→ What is being asked
Output nothing but the lines from the first line of the entries to the line with "abbrev pub CellsNamed", inclusive, exactly as they read.

→ Records from a data source
════════

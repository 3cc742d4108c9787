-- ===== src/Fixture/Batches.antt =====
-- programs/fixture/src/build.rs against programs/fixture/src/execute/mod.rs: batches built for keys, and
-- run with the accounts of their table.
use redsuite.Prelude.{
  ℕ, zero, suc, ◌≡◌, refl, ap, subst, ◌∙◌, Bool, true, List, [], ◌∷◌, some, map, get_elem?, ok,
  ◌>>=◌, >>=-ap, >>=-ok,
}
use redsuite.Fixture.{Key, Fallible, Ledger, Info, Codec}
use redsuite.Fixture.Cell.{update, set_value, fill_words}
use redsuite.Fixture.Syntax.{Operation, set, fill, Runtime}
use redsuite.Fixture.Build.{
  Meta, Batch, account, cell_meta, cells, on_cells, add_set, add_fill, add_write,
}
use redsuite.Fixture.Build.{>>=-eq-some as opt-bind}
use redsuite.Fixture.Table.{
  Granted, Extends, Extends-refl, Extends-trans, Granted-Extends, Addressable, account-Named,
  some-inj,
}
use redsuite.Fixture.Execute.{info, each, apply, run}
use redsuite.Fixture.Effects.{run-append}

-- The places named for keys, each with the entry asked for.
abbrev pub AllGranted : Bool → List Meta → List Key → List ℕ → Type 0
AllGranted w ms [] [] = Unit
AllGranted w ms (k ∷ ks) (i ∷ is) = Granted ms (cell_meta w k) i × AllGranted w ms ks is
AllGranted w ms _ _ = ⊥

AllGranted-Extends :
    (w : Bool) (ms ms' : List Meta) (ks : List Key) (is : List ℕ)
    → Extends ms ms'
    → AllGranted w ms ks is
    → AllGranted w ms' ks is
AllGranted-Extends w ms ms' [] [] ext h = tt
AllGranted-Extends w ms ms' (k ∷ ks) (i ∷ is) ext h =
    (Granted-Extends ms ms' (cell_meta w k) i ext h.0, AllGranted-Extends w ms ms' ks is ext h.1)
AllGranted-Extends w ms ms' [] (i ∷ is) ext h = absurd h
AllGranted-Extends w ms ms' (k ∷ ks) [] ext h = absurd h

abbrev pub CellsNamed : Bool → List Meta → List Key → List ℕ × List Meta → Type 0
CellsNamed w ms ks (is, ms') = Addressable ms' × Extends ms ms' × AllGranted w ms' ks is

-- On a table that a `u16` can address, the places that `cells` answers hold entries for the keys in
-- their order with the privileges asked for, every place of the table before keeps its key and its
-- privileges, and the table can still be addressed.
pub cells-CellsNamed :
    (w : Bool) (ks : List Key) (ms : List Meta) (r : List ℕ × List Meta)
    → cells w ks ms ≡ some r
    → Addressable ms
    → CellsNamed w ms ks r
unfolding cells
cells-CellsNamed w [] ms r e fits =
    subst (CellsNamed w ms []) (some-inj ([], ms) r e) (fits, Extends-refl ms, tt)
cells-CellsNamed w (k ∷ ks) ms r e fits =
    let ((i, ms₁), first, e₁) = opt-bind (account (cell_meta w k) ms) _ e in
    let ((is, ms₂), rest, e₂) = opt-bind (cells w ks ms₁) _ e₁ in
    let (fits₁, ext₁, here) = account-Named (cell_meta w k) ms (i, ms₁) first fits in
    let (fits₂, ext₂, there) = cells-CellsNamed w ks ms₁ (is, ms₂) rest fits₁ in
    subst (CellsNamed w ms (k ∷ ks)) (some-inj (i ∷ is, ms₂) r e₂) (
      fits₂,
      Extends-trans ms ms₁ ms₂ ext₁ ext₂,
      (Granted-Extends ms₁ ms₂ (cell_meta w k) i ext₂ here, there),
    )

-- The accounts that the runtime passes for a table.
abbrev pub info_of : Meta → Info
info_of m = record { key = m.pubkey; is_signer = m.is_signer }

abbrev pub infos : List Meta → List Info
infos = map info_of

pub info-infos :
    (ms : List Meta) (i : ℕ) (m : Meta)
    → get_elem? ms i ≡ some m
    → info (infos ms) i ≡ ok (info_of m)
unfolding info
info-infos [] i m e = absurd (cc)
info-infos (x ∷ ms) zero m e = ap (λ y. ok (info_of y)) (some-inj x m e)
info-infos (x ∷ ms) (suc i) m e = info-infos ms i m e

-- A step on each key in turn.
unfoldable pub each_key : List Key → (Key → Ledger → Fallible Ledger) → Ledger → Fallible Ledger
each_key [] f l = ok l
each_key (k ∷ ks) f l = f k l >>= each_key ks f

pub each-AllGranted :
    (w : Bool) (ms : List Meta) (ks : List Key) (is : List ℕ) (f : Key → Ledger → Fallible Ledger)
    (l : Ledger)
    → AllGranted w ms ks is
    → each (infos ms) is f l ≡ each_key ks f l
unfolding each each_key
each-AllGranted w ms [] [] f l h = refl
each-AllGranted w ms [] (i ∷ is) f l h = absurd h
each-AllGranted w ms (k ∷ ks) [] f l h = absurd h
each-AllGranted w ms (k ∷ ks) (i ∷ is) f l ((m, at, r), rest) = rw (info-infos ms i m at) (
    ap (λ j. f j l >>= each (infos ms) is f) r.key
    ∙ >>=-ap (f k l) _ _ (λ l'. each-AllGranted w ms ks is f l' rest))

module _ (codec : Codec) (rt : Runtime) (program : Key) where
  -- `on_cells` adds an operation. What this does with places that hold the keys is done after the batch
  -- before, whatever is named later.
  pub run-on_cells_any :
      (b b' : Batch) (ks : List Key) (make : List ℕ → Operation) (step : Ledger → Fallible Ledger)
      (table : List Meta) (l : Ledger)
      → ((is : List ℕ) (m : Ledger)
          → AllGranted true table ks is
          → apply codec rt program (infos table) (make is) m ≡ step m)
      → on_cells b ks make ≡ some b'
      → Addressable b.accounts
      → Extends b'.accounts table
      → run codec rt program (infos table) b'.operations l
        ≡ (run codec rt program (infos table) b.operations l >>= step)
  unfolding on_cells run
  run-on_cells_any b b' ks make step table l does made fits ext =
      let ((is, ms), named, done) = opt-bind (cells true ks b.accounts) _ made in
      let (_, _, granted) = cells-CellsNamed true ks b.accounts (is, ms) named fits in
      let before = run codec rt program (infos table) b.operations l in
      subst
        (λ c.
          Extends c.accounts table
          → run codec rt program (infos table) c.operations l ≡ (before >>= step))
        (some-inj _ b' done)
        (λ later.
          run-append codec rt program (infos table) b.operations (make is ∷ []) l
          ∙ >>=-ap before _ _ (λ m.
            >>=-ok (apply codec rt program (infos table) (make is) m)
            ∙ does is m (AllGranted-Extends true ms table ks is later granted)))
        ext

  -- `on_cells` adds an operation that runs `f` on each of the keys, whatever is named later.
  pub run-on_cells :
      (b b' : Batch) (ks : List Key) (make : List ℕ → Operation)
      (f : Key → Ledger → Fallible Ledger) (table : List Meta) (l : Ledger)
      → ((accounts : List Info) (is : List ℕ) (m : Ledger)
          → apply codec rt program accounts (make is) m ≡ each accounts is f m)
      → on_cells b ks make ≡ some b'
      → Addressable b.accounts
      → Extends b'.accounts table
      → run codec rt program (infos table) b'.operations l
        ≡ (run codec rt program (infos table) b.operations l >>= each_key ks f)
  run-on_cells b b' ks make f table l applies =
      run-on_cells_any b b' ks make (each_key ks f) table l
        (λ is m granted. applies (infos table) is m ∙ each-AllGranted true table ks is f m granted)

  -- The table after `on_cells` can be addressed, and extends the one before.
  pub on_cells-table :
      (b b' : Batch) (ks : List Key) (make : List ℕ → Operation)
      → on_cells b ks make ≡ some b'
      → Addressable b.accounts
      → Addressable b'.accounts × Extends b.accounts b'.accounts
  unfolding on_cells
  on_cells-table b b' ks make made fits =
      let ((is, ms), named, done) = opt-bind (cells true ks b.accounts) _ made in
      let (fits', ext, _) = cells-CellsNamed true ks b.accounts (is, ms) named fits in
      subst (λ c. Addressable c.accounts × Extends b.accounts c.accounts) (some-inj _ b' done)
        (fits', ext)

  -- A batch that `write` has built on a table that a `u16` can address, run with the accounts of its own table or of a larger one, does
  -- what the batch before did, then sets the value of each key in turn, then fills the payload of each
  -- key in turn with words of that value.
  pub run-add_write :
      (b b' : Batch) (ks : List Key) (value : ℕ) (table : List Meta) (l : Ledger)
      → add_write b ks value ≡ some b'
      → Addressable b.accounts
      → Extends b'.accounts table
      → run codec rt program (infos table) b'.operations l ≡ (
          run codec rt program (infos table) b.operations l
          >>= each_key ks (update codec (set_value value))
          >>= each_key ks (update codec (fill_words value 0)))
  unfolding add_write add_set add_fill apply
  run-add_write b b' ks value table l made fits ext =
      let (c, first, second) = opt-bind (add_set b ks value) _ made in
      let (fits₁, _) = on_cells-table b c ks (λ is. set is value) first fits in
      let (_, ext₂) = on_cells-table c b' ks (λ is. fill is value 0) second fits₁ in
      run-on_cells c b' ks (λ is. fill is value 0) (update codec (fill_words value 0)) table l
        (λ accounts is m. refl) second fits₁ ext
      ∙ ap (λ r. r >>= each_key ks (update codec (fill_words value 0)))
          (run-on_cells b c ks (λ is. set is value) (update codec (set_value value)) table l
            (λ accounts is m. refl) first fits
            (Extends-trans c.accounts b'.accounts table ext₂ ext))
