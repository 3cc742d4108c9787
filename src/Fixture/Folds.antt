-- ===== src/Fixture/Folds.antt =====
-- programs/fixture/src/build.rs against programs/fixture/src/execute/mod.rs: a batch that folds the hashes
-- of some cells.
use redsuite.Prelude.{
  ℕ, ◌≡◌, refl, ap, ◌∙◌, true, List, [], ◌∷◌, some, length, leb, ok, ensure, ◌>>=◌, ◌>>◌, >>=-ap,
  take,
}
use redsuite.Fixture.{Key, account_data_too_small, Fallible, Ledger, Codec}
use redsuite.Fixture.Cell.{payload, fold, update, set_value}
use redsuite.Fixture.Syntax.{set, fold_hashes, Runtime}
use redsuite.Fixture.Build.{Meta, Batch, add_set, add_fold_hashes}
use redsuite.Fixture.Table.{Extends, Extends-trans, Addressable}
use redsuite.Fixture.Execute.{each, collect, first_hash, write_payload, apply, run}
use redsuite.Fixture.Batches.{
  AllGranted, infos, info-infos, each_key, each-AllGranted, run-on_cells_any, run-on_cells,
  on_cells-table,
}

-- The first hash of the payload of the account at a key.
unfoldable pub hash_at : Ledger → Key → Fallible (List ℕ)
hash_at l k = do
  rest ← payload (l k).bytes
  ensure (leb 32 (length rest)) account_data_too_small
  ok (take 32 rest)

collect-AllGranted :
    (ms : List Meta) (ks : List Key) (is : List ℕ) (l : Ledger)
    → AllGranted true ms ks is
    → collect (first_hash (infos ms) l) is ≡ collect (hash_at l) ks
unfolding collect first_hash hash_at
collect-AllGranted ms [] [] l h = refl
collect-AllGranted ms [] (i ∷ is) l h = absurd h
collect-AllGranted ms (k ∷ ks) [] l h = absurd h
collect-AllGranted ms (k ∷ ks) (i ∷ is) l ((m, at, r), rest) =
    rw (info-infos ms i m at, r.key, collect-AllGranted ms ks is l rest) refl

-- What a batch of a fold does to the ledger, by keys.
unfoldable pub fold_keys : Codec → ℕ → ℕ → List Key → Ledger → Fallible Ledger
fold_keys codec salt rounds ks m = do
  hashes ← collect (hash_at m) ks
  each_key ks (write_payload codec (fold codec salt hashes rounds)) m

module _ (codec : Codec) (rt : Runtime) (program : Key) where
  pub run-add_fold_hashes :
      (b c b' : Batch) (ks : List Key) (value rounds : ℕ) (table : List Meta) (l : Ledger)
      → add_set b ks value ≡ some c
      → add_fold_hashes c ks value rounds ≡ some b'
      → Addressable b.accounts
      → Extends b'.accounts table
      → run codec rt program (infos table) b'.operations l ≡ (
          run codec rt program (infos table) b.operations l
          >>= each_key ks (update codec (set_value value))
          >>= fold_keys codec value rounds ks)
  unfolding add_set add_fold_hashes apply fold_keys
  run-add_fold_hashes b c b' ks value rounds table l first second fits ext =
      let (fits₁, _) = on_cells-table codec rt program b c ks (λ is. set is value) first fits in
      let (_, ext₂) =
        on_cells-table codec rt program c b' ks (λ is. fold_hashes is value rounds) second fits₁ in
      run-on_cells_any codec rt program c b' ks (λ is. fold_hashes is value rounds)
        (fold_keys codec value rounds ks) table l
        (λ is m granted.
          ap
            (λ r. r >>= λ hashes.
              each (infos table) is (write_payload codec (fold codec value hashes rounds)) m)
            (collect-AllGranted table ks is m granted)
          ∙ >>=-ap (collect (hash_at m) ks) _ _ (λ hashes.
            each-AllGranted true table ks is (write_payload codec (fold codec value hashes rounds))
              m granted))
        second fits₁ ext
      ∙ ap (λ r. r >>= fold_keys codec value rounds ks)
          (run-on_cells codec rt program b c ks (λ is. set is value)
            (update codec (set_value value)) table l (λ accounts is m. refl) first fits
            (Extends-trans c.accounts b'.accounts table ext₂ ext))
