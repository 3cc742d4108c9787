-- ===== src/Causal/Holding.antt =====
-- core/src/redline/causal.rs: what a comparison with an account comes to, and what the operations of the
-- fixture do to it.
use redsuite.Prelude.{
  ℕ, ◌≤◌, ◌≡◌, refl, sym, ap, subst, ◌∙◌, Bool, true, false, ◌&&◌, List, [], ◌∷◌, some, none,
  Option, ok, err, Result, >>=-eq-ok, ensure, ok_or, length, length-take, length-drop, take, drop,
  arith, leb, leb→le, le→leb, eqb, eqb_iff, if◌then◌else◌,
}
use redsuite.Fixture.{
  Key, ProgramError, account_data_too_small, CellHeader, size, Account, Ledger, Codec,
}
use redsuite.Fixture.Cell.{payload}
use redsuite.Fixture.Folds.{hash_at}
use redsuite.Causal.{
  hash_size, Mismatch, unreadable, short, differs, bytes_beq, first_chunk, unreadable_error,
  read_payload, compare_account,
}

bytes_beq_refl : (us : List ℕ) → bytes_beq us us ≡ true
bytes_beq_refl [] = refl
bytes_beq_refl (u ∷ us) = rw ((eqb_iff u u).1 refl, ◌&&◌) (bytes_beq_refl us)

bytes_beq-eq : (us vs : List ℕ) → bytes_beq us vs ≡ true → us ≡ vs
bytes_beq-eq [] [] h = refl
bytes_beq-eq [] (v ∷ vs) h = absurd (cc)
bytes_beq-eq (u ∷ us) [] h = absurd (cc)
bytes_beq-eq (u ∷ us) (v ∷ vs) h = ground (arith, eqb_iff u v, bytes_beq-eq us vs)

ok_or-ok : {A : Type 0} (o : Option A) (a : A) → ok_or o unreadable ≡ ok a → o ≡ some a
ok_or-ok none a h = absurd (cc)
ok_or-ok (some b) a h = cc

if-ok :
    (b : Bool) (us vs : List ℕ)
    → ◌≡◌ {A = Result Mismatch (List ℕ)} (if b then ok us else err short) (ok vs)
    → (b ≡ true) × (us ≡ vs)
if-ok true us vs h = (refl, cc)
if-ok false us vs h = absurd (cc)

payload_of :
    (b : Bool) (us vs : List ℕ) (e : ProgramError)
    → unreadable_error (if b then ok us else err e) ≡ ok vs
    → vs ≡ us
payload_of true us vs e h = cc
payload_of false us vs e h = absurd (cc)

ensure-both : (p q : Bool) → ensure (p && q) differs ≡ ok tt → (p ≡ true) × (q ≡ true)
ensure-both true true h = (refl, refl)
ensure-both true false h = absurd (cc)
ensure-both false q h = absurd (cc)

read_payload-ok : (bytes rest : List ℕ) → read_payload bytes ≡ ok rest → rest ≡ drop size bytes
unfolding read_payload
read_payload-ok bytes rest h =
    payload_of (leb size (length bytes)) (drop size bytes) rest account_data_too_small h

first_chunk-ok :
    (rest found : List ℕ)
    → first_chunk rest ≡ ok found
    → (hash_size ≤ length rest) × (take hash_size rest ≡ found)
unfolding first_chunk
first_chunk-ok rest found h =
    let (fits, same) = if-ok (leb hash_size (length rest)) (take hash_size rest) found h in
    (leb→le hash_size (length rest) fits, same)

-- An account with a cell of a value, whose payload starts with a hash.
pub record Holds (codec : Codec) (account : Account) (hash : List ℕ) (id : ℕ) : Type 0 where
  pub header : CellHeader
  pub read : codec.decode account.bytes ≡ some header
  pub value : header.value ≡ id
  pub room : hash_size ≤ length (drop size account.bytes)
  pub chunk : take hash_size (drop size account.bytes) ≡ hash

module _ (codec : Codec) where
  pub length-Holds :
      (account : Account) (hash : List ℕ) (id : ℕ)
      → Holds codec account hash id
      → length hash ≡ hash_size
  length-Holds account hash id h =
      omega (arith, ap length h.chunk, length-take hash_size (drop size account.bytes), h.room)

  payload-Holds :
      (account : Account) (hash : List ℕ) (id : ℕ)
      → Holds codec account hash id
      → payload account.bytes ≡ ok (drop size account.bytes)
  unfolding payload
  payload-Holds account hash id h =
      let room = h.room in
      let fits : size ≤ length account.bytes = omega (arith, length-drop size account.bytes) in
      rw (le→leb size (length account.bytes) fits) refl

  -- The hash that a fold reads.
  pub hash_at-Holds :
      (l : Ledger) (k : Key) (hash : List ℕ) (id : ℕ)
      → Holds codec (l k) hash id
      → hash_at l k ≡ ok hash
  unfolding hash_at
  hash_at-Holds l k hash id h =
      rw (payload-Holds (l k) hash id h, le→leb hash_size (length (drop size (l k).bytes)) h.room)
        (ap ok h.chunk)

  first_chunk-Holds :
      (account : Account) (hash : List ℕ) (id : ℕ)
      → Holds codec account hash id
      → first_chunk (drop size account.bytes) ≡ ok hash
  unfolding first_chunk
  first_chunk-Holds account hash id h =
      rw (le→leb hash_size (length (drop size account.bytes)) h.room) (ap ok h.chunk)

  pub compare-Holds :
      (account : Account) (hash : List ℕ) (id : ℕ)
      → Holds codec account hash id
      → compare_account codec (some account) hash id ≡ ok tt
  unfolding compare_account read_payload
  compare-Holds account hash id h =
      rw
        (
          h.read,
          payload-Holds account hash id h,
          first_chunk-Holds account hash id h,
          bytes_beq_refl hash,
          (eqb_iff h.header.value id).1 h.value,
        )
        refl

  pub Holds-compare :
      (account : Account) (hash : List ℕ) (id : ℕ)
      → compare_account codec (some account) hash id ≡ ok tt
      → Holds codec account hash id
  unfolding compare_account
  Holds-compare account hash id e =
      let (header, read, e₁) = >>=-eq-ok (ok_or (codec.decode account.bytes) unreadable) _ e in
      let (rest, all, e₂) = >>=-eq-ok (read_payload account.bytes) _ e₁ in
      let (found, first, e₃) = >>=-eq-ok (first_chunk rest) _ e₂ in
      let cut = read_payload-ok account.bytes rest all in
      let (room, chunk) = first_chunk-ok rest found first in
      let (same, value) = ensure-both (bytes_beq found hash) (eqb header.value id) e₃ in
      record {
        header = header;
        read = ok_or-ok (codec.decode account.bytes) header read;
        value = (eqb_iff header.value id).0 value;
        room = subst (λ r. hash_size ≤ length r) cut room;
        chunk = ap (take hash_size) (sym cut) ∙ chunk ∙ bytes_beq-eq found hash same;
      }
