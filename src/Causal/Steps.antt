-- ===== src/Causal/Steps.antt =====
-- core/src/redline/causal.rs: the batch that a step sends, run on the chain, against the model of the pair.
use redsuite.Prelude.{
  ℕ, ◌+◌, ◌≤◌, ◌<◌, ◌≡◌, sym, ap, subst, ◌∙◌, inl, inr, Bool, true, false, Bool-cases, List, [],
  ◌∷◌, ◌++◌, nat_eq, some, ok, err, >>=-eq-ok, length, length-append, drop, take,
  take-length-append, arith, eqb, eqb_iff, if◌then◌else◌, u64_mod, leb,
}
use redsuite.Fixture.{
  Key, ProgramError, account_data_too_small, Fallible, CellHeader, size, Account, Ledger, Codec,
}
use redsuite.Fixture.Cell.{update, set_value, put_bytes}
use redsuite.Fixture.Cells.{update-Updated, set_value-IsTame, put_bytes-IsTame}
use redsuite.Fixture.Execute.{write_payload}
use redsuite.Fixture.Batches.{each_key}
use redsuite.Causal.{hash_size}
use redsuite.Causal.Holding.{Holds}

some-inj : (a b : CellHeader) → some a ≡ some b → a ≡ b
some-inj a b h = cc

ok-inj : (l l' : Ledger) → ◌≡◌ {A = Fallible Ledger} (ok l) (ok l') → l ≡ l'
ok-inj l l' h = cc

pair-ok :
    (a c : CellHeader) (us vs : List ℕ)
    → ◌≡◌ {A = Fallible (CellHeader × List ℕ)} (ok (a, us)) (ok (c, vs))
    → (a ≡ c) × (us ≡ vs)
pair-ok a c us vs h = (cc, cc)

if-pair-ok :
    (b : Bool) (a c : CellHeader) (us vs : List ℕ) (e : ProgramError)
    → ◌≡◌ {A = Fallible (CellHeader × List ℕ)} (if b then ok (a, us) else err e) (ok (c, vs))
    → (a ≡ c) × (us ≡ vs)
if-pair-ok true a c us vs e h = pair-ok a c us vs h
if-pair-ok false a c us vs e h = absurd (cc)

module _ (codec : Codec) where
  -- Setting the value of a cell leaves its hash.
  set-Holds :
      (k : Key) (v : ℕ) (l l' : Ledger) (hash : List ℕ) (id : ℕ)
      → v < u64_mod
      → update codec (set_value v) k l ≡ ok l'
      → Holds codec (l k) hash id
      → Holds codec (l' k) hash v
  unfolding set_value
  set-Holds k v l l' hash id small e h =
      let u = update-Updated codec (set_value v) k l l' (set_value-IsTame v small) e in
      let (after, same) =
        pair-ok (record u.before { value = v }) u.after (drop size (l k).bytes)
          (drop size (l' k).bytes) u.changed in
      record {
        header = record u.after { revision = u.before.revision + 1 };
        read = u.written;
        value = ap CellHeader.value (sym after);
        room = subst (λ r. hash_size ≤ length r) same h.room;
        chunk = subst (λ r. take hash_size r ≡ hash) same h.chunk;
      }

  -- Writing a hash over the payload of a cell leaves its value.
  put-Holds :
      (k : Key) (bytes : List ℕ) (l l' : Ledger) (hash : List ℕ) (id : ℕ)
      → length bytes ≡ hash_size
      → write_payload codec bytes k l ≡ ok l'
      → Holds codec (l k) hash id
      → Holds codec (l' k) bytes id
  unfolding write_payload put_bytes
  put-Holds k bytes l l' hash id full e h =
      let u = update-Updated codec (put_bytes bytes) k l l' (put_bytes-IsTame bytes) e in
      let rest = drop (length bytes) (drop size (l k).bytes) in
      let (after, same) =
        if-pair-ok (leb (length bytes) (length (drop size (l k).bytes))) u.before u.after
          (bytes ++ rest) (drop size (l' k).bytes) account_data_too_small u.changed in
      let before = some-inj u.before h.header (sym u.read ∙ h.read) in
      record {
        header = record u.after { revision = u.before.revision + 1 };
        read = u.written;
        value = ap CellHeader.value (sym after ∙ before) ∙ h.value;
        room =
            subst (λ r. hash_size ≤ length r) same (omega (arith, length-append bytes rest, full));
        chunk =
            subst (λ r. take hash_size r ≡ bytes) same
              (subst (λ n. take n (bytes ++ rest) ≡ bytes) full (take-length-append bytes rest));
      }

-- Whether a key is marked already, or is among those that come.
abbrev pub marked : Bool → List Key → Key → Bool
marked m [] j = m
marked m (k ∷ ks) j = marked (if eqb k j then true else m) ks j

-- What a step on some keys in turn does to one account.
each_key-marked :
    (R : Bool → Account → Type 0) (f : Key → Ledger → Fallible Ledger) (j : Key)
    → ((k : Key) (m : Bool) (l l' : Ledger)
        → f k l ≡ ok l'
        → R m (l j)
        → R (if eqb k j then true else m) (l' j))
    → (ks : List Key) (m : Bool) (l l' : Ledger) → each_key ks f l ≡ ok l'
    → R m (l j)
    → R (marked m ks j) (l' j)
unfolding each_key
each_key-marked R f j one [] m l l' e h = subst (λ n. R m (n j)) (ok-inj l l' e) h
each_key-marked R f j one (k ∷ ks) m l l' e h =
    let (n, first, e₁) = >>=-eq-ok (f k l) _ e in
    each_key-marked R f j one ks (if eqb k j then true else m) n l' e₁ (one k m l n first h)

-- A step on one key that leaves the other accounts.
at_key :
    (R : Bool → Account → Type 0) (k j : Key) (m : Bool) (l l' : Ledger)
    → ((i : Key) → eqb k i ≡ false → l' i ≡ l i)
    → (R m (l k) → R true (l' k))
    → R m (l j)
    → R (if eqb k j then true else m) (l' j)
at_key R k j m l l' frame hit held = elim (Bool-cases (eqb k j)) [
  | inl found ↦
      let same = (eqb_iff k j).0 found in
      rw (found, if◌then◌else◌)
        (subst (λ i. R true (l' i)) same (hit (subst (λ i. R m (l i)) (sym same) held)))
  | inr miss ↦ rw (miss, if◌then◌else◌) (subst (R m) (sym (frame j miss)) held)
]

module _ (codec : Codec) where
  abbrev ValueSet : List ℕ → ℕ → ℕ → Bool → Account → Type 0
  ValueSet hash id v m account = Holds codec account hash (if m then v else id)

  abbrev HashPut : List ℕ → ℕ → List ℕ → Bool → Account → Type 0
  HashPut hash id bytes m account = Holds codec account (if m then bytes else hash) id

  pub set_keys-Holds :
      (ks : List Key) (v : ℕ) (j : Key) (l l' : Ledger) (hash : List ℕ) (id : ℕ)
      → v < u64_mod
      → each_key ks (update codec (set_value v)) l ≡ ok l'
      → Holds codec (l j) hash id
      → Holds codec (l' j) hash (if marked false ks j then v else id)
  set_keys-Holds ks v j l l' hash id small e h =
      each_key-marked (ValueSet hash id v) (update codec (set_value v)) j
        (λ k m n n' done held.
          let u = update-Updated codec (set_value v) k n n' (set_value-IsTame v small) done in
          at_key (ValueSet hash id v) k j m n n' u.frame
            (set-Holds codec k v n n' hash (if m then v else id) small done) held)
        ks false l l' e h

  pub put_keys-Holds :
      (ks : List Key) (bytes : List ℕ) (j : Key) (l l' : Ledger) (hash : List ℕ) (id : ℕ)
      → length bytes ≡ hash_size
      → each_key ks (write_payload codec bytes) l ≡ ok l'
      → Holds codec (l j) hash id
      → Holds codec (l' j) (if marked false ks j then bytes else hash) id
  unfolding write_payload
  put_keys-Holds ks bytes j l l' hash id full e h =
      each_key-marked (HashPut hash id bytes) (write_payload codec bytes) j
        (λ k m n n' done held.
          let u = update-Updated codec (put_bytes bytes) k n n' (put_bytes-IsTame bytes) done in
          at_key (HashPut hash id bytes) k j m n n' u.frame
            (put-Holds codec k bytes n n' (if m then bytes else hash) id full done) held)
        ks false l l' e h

════════

→ Output for this exercise
repository 3cc742d4108c9787
-- ===== src/Fixture/Batches.antt =====
-- programs/fixture/src/build.rs against programs/fixture/src/execute/mod.rs: batches built for keys, and
-- run with the accounts of their table.
use redsuite.Prelude.{
  ℕ, zero, suc, ◌≡◌, refl, ap, subst, ◌∙◌, Bool, true, List, [], ◌∷◌, some, map, get_elem?, ok,
  ◌>>=◌, >>=-ap, >>=-ok,
}
use redsuite.Fixture.{Key, Fallible, Ledger, Info, Codec}
use redsuite.Fixture.Cell.{update, set_value, fill_words}
use redsuite.Fixture.Syntax.{Operation, set, fill, Runtime}
use redsuite.Fixture.Build.{
  Meta, Batch, account, cell_meta, cells, on_cells, add_set, add_fill, add_write,
}
use redsuite.Fixture.Build.{>>=-eq-some as opt-bind}
use redsuite.Fixture.Table.{
  Granted, Extends, Extends-refl, Extends-trans, Granted-Extends, Addressable, account-Named,
  some-inj,
}
use redsuite.Fixture.Execute.{info, each, apply, run}
use redsuite.Fixture.Effects.{run-append}

-- The places named for keys, each with the entry asked for.
abbrev pub AllGranted : Bool → List Meta → List Key → List ℕ → Type 0
AllGranted w ms [] [] = Unit
AllGranted w ms (k ∷ ks) (i ∷ is) = Granted ms (cell_meta w k) i × AllGranted w ms ks is
AllGranted w ms _ _ = ⊥

AllGranted-Extends :
    (w : Bool) (ms ms' : List Meta) (ks : List Key) (is : List ℕ)
    → Extends ms ms'
    → AllGranted w ms ks is
    → AllGranted w ms' ks is
AllGranted-Extends w ms ms' [] [] ext h = tt
AllGranted-Extends w ms ms' (k ∷ ks) (i ∷ is) ext h =
    (Granted-Extends ms ms' (cell_meta w k) i ext h.0, AllGranted-Extends w ms ms' ks is ext h.1)
AllGranted-Extends w ms ms' [] (i ∷ is) ext h = absurd h
AllGranted-Extends w ms ms' (k ∷ ks) [] ext h = absurd h

abbrev pub CellsNamed : Bool → List Meta → List Key → List ℕ × List Meta → Type 0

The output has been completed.